Mohamed Amra, nicknamed the Fly, the prisoner who was freed from a prison van during a deadly assault at a tollbooth near Incarville, northern France, is suspected of ordering the murder of a man from prison last year in Marbella . The 30-year-old inmate was still at large this Wednesday morning, several hours after the attack whose images have shocked the entire country. Several men with military weapons killed two prison officers around 11:00 a.m. on Tuesday and injured three others, one of them very critical and the others seriously.
The attackers, who got out of a Peugeot and an Audi, did not skimp on the use of violence to rescue their partner – although their lawyer is not clear if this was a settling of scores. The authorities cannot believe the magnitude of the criminal operation that freed the criminal linked to drug trafficking in Marseille, whom they did not consider a criminal so dangerous as to have special surveillance – as the prosecutor had requested on Tuesday, according to Le Figaró -, hence only five officials armed with pistols guarded him. The van was returning from the Rouen court and taking the prisoner back to Évreux prison.
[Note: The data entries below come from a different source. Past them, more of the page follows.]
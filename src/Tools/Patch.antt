-- ===== src/Tools/Patch.antt =====
-- internal/tools/apply_patch.go: `applyHunks`, with strings as lists of bytes.
pub mod Hunks
pub mod Held
pub mod RoundTrip
pub mod Text
use mow.Prelude.{
  ◌>>=◌, ℕ, ◌+◌, ◌-◌, Bool, false, not, ◌||◌, List, [], ◌∷◌, ◌++◌, Option, none, some, ltb, ◌==◌,
  if◌then◌else◌, length, take, drop, get_elem?, Str, str_eq, is_empty, Result, ok, err,
}

-- The refusals of `applyHunks`; a mismatch carries its line. `index_panic` is `line[0]` of an
-- empty hunk line, which `parseUnifiedPatch` never makes.
pub data PatchError : Type 0 where
  out_of_order count_mismatch index_panic : PatchError
  context_mismatch deletion_mismatch : ℕ → PatchError

pub record PatchHunk : Type 0 where
  pub old_start : ℕ
  pub old_count : ℕ
  pub new_start : ℕ
  pub new_count : ℕ
  pub lines : List Str

-- The variables of the loop over one hunk's lines.
pub record Cursor : Type 0 where
  pub pos : ℕ
  pub old_n : ℕ
  pub new_n : ℕ
  pub out : List Str

abbrev is_line : Option Str → Str → Bool
is_line none text = false
is_line (some l) text = str_eq l text

-- The `switch tag`; a line with another tag changes nothing.
unfoldable pub apply_line : List Str → Str → Cursor → Result PatchError Cursor
apply_line file [] s = err index_panic
apply_line file (tag ∷ text) s =
    if tag == b' '
    then (if is_line (get_elem? file s.pos) text
        then ok (record {
          pos = s.pos + 1;
          old_n = s.old_n + 1;
          new_n = s.new_n + 1;
          out = s.out ++ text ∷ [];
        })
        else err (context_mismatch (s.pos + 1)))
    else if tag == b'-'
    then (if is_line (get_elem? file s.pos) text
        then ok (record s { pos = s.pos + 1; old_n = s.old_n + 1 })
        else err (deletion_mismatch (s.pos + 1)))
    else if tag == b'+'
    then ok (record s { new_n = s.new_n + 1; out = s.out ++ text ∷ [] })
    else ok s

unfoldable pub apply_lines : List Str → List Str → Cursor → Result PatchError Cursor
unfolding apply_line
apply_lines file [] s = ok s
apply_lines file (line ∷ rest) s = do t ← apply_line file line s; apply_lines file rest t

-- The test after the loop over one hunk's lines.
abbrev pub check_counts : PatchHunk → Cursor → Result PatchError Cursor
check_counts h s =
    if not (s.old_n == h.old_count) || not (s.new_n == h.new_count)
    then err count_mismatch
    else ok s

-- One round of the loop over the hunks: the lines before the hunk, then the hunk. The test on
-- `start < cursor` is written without the subtraction.
unfoldable pub apply_hunk : List Str → ℕ → List Str → PatchHunk → Result PatchError Cursor
unfolding apply_lines
apply_hunk file cursor out h =
    let start = h.old_start - 1 in
    let before = out ++ take (start - cursor) (drop cursor file) in
    if ltb h.old_start (cursor + 1) || ltb (length file) start then err out_of_order else do
      s ← apply_lines file h.lines (record { pos = start; old_n = 0; new_n = 0; out = before })
      check_counts h s

unfoldable pub apply_from : List Str → ℕ → List Str → List PatchHunk → Result PatchError (List Str)
unfolding apply_hunk
apply_from file cursor out [] = ok (out ++ drop cursor file)
apply_from file cursor out (h ∷ hs) = do
  s ← apply_hunk file cursor out h
  apply_from file s.pos s.out hs

abbrev pub newline : ℕ
newline = b'\n'

-- One more character in front of the first line.
abbrev pub onto : ℕ → List Str → List Str
onto c [] = (c ∷ []) ∷ []
onto c (l ∷ ls) = if c == newline then [] ∷ l ∷ ls else (c ∷ l) ∷ ls

-- `strings.Split(s, "\n")`.
unfoldable pub split_lines : Str → List Str
split_lines [] = [] ∷ []
split_lines (c ∷ s) = onto c (split_lines s)

-- `strings.Join(lines, "\n")`.
unfoldable pub join_lines : List Str → Str
join_lines [] = []
join_lines (l ∷ []) = l
join_lines (l ∷ m ∷ ls) = l ++ (newline ∷ join_lines (m ∷ ls))

-- `strings.HasSuffix(s, "\n")` and `strings.TrimSuffix(s, "\n")`.
unfoldable pub ends_in_newline : Str → Bool
ends_in_newline [] = false
ends_in_newline (c ∷ []) = c == newline
ends_in_newline (c ∷ d ∷ s) = ends_in_newline (d ∷ s)

unfoldable pub trim_newline : Str → Str
trim_newline [] = []
trim_newline (c ∷ []) = if c == newline then [] else c ∷ []
trim_newline (c ∷ d ∷ s) = c ∷ trim_newline (d ∷ s)

unfoldable pub file_lines : Str → List Str
unfolding split_lines trim_newline
file_lines original = if is_empty original then [] else split_lines (trim_newline original)

unfoldable pub apply_hunks : Str → List PatchHunk → Result PatchError Str
unfolding apply_from file_lines join_lines ends_in_newline
apply_hunks original hunks = do
  lines ← apply_from (file_lines original) 0 [] hunks
  ok (join_lines lines ++ (if ends_in_newline original then newline ∷ [] else []))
Born in Rouen, capital of Normandy; Amra had a long criminal record, with a total of 13 convictions, although “none to date for (…) drugs,” Paris prosecutor Laure Beccuau told the press. The last sentence, 18 months in prison for housebreaking, was handed down on May 7 by the Évreux court. Since April he had been in the prison of the same town to be tried, but before that he had passed through other prisons in Marseille, Paris and Rouen. He also faced several accusations of “attempted extortion with a weapon and attempted murder” and another for a kidnapping of a young trafficker and a hostage taking that ended in homicide in 2021. Two days before his escape he had tried to saw the bars of the cell.
Another case, especially curious due to its connection with Spain, places Mosca behind the order to murder a Frenchman in Puerto Banús, the luxury marina in Marbella, on July 18, 2023, according to Le Parisien. Images then spread on social networks showed a man with his face covered and carrying an automatic rifle running in all directions and acting with little professionalism. Luckily, there were no victims. The Spanish police suspected the French branch (the attacker was wearing an Olympique Lyon t-shirt).
The investigation by the French judicial police in Rouen concluded that Mosca had ordered the murder of a Frenchman nicknamed Mehdi and originally from Évreux, known for his links to drug trafficking and possibly a rival of his. So far the French justice system has not yet charged him in this case, the Parisian newspaper states.
Amra’s lawyer could not believe his client’s violent escape yesterday. “It is quite incomprehensible, I cannot imagine that this boy could be involved,” said lawyer Hugues Vigier, on BFMTV television. This operation “does not correspond to the profile I had perceived of him, if he is involved it is because I was really wrong about his performance and what he was capable of,” he added.
When the prisoner was returning to the Évreux pretrial detention center, after a hearing before the Rouen judicial court, a Peugeot crashed head-on into the van. Several men got out of the car and an Audi, which had followed the van from the beginning of the journey. They shot at the prison officials unceremoniously and took Mosca away. Both cars were found burned shortly after. The search for the fugitive and his accomplice continues on Wednesday morning by “more than 450 police and gendarmes,” according to Interior Minister Gerald Darmamin. International cooperation has also been activated.
The attack was described as a “shock” by President Emmanuel Macron. “We will be untreatable,” he promised. “We will not spare any effort or means. We will chase them. We will find them and I assure you that they will pay” for the crime they have committed, Prime Minister Gabriel Attal stated yesterday before the National Assembly, which observed a minute of silence.
During the morning of this Wednesday, demonstrations were held in front of the prisons as a sign of “support” for the two prison officials murdered the day before. At the Caen penitentiary center, officials assured that there would be no activities of any kind for prisoners today in the form of protest. “We felt especially affected because we were working with” the victims, Bruno, regional secretary of the Justicia UFAP union, told AFP. All union organizations of the prison administration called for a “Dead Prisons” day on Wednesday.
The prison union, which met with the Minister of Justice, Eric Dupond-Moretti, calls in particular for “the drastic reduction of withdrawals by favoring the use of videoconferences of magistrates or their trips to court” and “a review of the levels escort.” Against the attackers, the agents only had “a simple Sig Sauer (pistol) against weapons of war,” accused Frédéric Liakhoff, secretary of FO-Justice at the Caen penitentiary center.